Compreende-se agora, quando se progride na leitura, porque se chama O Apocalipse dos Trabalhadores. Valter Hugo Mãe traz à nossa literatura Andriy e Sasha e a Ekaterine, de Korosten, perto de Chernobyl, na Ucrânia. Andriy emigrado para Portugal, o ser mecânico, robotizado, de quem o país emprega os robustos músculos e a rotina de não pensar, que não lhe querem o pensamento nem sentimentos mas, no trabalho braçal, só a mecânica dos gestos, de quem Quitéria se serve do ritual de cada um dos actos que no sexo se aplicam, essa satisfação necessária.
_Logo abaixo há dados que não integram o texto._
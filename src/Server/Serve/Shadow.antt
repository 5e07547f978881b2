-- ===== src/Server/Serve/Shadow.antt =====
-- A mint request that takes the key of a payment.
use railway.Base.{◌≡◌, List, none, some, ◌∙◌, ap, sym, subst}
use railway.Base.Int.{◌≤ℤ◌, ◌+ℤ◌}
use railway.Base.Result.{ok}
use railway.Text.{codes}
use railway.Http.{Request, Response}
use railway.Config.{AppConfig}
use railway.Idempotency.{IsLawful, live}
use railway.Hmac.{verify}
use railway.Server.Defs.{Parts, State, MpesaCallbackRequest, body_text}
use railway.Server.Records.{Holds}
use railway.Server.Mint.{mint_key, saved_record, mint_body}
use railway.Server.Callback.{mpesa_key, validate_mpesa_request}
use railway.Server.Serve.{mpesa_verifier, Arrival, with_request_id, Outside, serve, serve_all}
use railway.Server.Serve.Frame.{AllBefore, serve_all-Holds}
use railway.Server.Serve.Routes.{
  mint_path, callback_path, mint_key-with_request_id, serve-IsCreated, serve_callback_cached,
}

module _ (p : Parts) (o : Outside) (cfg : AppConfig) (lawful : IsLawful p.store) where
  -- The two endpoints share the store, and a mint request may choose its key. After a mint request
  -- with the key of a payment has been answered with 201, the signed callback for that payment gets
  -- the mint's response, with its status 201, and nothing is minted for it.
  pub serve_callback_shadowed :
      (a b : Arrival) (r q q' : Request) (payload : MpesaCallbackRequest)
      (requests : List (Arrival × Request)) (s : State p)
      → r.path ≡ mint_path
      → mint_key r ≡ mpesa_key payload
      → live a.readings.lookup (lawful.view s.records (mint_key r)) ≡ none
      → (serve p o cfg a r s).0.status ≡ 201
      → AllBefore (a.readings.expires +ℤ cfg.service.idempotency_window) requests
      → q.path ≡ callback_path
      → q.method ≡ codes "POST"
      → p.codec.decode_mpesa_callback (body_text q.body) ≡ some payload
      → validate_mpesa_request payload ≡ none
      → verify o.mac (mpesa_verifier cfg) b.clock (with_request_id b q) ≡ ok q'
      → b.readings.lookup ≤ℤ a.readings.expires +ℤ cfg.service.idempotency_window
      → ((serve p o cfg b q (serve_all p o cfg requests (serve p o cfg a r s).1)).0
          ≡ (serve p o cfg a r s).0)
        × ((serve p o cfg b q (serve_all p o cfg requests (serve p o cfg a r s).1)).1.chain
            ≡ (serve_all p o cfg requests (serve p o cfg a r s).1).chain)
  serve_callback_shadowed a b r q q' payload requests s path chosen fresh e before qpath post
        decoded valid signed within =
      let (full, made) = serve-IsCreated p o cfg lawful a r s path fresh e in
      let (mint, result, parsed, checked, submitted, response, held) = made in
      let rec = saved_record p cfg.service a.readings 201 (mint_body p cfg.service result) in
      let first = (serve p o cfg a r s).1 in
      let kept =
        serve_all-Holds p o cfg lawful (mint_key (with_request_id a r)) rec requests first before
          held in
      let again =
        serve_callback_cached p o cfg lawful b q q' payload rec (serve_all p o cfg requests first)
          qpath post decoded valid signed within
          (subst (λ k. Holds lawful k rec (serve_all p o cfg requests first).records)
            (mint_key-with_request_id a r ∙ chosen) kept) in
      (
        ap (λ (t : Response × State p). t.0) again ∙ sym response,
        ap (λ (t : Response × State p). t.1.chain) again,
      )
É uma história em que há também Maria da Graça e o senhor Ferreira e o seu pai, tetraplégico, «quadrúpede de tristeza», e a guarda de polícia Quental, a monotonia e o desejo, mais o emprego de carpideira e o trabalhar nas obras, tudo em Bragança, em Vinhais, em Portugal, que na história é o nome de um cão.
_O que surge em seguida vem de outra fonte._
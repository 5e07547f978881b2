-- ===== src/Examples/Setting.antt =====
-- A small world in which the API runs: a chain that counts its calls, a directory that lists its files,
-- an in-memory store and a codec that copies the body into every field.
use railway.Base.{ℕ, ◌+◌, ◌*◌, ◌==◌, true, List, [], ◌∷◌, ◌++◌, some, none, if◌then◌else◌}
use railway.Base.Int.{pos, ◌+ℤ◌, ◌-ℤ◌, ◌*ℤ◌, mul64, wrap64}
use railway.Base.Result.{ok, err}
use railway.Text.{
  Text, codes, is_empty, text_eq, trim_space, parse_int, to_lower, contains, is_digit, digits_value,
}
use railway.Text.Hex.{hex}
use railway.Text.Print.{print_int}
use railway.FilePath.{elements, enter, resolve, clean, join, up_to_slash, dir}
use railway.Time
use railway.Http.{Request, reader, header_get, http_error, json_response}
use railway.Config.{AppConfig, ServiceConfig, RetryConfig, SeedConfig}
use railway.Hmac.{read_body, is_stale, compute_signature, verify, middleware}
use railway.Idempotency.Map.{lookup, insert}
use railway.Idempotency.Memory
use railway.Idempotency.Memory.{memory_store, MemoryStore}
use railway.Escrow.{Client}
use railway.Server.Defs.{Parts, FileSystem, Codec, Readings, State, MpesaCallbackRequest}
use railway.Server.Retry.{is_retryable, sleep_of, next_backoff, retry_loop, execute_mint_with_retry}
use railway.Server.Dlq.{current_dlq_depth, update_dlq_depth, write_dlq, file_name}
use railway.Server.Mint.{
  validate_mint_intent_request, mint_key, mint_after_lookup, handle_mint_intents,
}
use railway.Server.Callback.{validate_mpesa_request, callback_after_lookup, handle_mpesa_callback}
use railway.Server.Health.{handle_health}
use railway.Server.Serve.{Arrival, with_request_id, header_set, Outside, route, serve, serve_all}

-- The definitions that a test computes with.
unfoldable pub code : ℕ
unfolding elements enter resolve clean join up_to_slash dir codes text_eq trim_space parse_int
    to_lower contains is_digit digits_value hex print_int Time.sub Time.unix ◌+ℤ◌ ◌-ℤ◌ ◌*ℤ◌ mul64
    wrap64 header_get http_error json_response read_body is_stale compute_signature verify
    middleware lookup insert Memory.get Memory.save is_retryable sleep_of next_backoff retry_loop
    execute_mint_with_retry current_dlq_depth update_dlq_depth write_dlq file_name
    validate_mint_intent_request mint_key mint_after_lookup handle_mint_intents
    validate_mpesa_request callback_after_lookup handle_mpesa_callback handle_health with_request_id
    header_set route serve serve_all
code = 0

-- Every call but the first succeeds.
abbrev pub counting_client : Client
counting_client = record {
  Chain = ℕ;
  submit_intent = λ req n. (ok (record { intent_id = req.tx_ref; tx_hash = [] }), n + 1);
  execute_mint = λ intent n.
      if n == 0
      then (err (codes "network error"), n + 1)
      else (ok (record { tx_hash = codes "0xhash" }), n + 1);
}

abbrev pub listed_files : FileSystem
listed_files = record {
  Files = List Text;
  mkdir_all = λ path files. (ok tt, files);
  write_file = λ path blob files. (ok tt, path ∷ files);
  read_dir = λ path files. ok files;
}

abbrev pub copying_codec : Codec
copying_codec = record {
  decode_mint_intent = λ s.
      if is_empty s
      then none
      else some (record { user_address = s; amount = s; country_code = s; tx_ref = s });
  decode_mpesa_callback = λ s.
      if is_empty s
      then none
      else some (record { intent_id = s; tx_ref = s; user_address = s; amount = s });
  encode_mint_intent = λ r. r.intent_id ++ r.status;
  encode_mpesa_callback = λ r. r.status ++ r.tx_hash;
  encode_dlq_entry = λ t payload e. ok e;
}

abbrev pub parts : Parts
parts = record {
  store = memory_store;
  client = counting_client;
  files = listed_files;
  codec = copying_codec;
}

abbrev pub outside : Outside
outside = record {
  mac = λ key message. key ++ message;
  encode_health = λ r. r.status;
  metrics_page = λ r calls. json_response 200 [];
  not_found = λ r. http_error (codes "404 page not found") 404;
}

abbrev pub retry : RetryConfig
retry = record {
  max_attempts = pos 6;
  initial_backoff = pos 751000000;
  max_backoff = pos 30000000000;
  backoff_multiplier = pos 2;
}

abbrev pub service : ServiceConfig
service = record {
  http_port = pos 3000;
  hmac_clock_skew = pos 60000000000;
  idempotency_window = pos 86400000000000;
  idempotency_store_path = codes "/tmp/idem.json";
  dlq_path = codes "dlq";
}

abbrev pub seed : SeedConfig
seed = record {
  candidate_id = [];
  chain = record { chain_id = pos 31430; rpc_url = []; block_time = pos 2 };
  tokens = record {
    stablecoin = record { symbol = []; name = []; decimals = pos 18 };
    country = record { symbol = []; name = []; country_code = []; decimals = pos 18 };
  };
  secrets = record {
    hmac_salt = codes "s";
    idempotency_key_salt = [];
    mpesa_webhook_secret = codes "m";
  };
  compliance = record {
    max_risk_score = pos 91;
    require_attestation = true;
    min_attestation_age = pos 0;
  };
  limits = record { min_mint_amount = []; max_mint_amount = []; daily_mint_limit = [] };
  retry = record {
    max_attempts = pos 6;
    initial_backoff_ms = pos 751;
    max_backoff_ms = pos 30000;
    backoff_multiplier = pos 2;
  };
  timeouts = record {
    rpc_timeout_ms = pos 20109;
    webhook_timeout_ms = pos 3038;
    idempotency_window_secs = pos 86400;
  };
}

abbrev pub config : AppConfig
config = record {
  seed = seed;
  deployment = record {
    chain_id = pos 31430;
    deployer = [];
    admin = [];
    executor = [];
    contracts = record {
      usd_stablecoin = [];
      country_token = [];
      user_registry = [];
      compliance_manager = [];
      mint_escrow = [];
    };
  };
  service = service;
  retry = retry;
  chain = record { rpc_url = []; private_key = [] };
  database = record { url = [] };
}

abbrev pub start : State parts
start = record {
  records = record { entries = [] };
  chain = 0;
  files = [];
  metrics = [];
  slept = [];
}

-- All readings of the clock at one time, in seconds, and a context that does not end.
abbrev pub readings_at : ℕ → Readings
readings_at t =
    let now = pos (t * 1000000000) in
    record { lookup = now; created = now; expires = now; stamp = now; file_name = now }

abbrev pub at : ℕ → Arrival
at t = record {
  request_id = pos 7;
  clock = pos (t * 1000000000);
  readings = readings_at t;
  cancelled = λ i d. none;
  checks = record { rpc = none; latency_us = pos 0; database = none };
}

-- A signed mint request with an idempotency key, at second 100.
abbrev pub mint_request : Text → Text → Request
mint_request key body = record {
  method = codes "POST";
  path = codes "/api/v1/mint-intents";
  headers =
      (codes "X-Idempotency-Key", key)
      ∷ (codes "X-Request-Timestamp", codes "100")
      ∷ (codes "X-Request-Signature", hex (codes "s" ++ (codes "100" ++ body)))
      ∷ [];
  body = reader body;
}

-- A signed callback, at second 100.
abbrev pub callback_request : Text → Request
callback_request body = record {
  method = codes "POST";
  path = codes "/api/v1/callbacks/mpesa";
  headers =
      (codes "X-Request-Timestamp", codes "100")
      ∷ (codes "X-Mpesa-Signature", hex (codes "m" ++ (codes "100" ++ body)))
      ∷ [];
  body = reader body;
}

-- The payment that a callback with this body is for.
abbrev pub payment : Text → MpesaCallbackRequest
payment body = record { intent_id = body; tx_ref = body; user_address = body; amount = body }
É um livro magnífico de gente «com vontade de não se ver existir».
Lia ontem, voltado ao livro, para chegar a «sete milhões de ucranianos morreram à fome nos anos trinta e dois e trinta e três do século vinte», mais «os sete milhões de mortos na segunda guerra mundial», e os mortos mais os afectados pela catástrofe de Chernobyl.
Foi então, com vergonha de ser humano e de ter vivido neste século que, comigo, «na cozinha dos Shevchenko sentavam-se mais de catorze milhões de mortos a olhar para os pratos de sopa». Com fome.
Ei-los enfim chegados à literatura e aos campos de trabalho: os ucranianos e a raiva de sobreviver. Obrigado pela memória e por escreveres tão bem.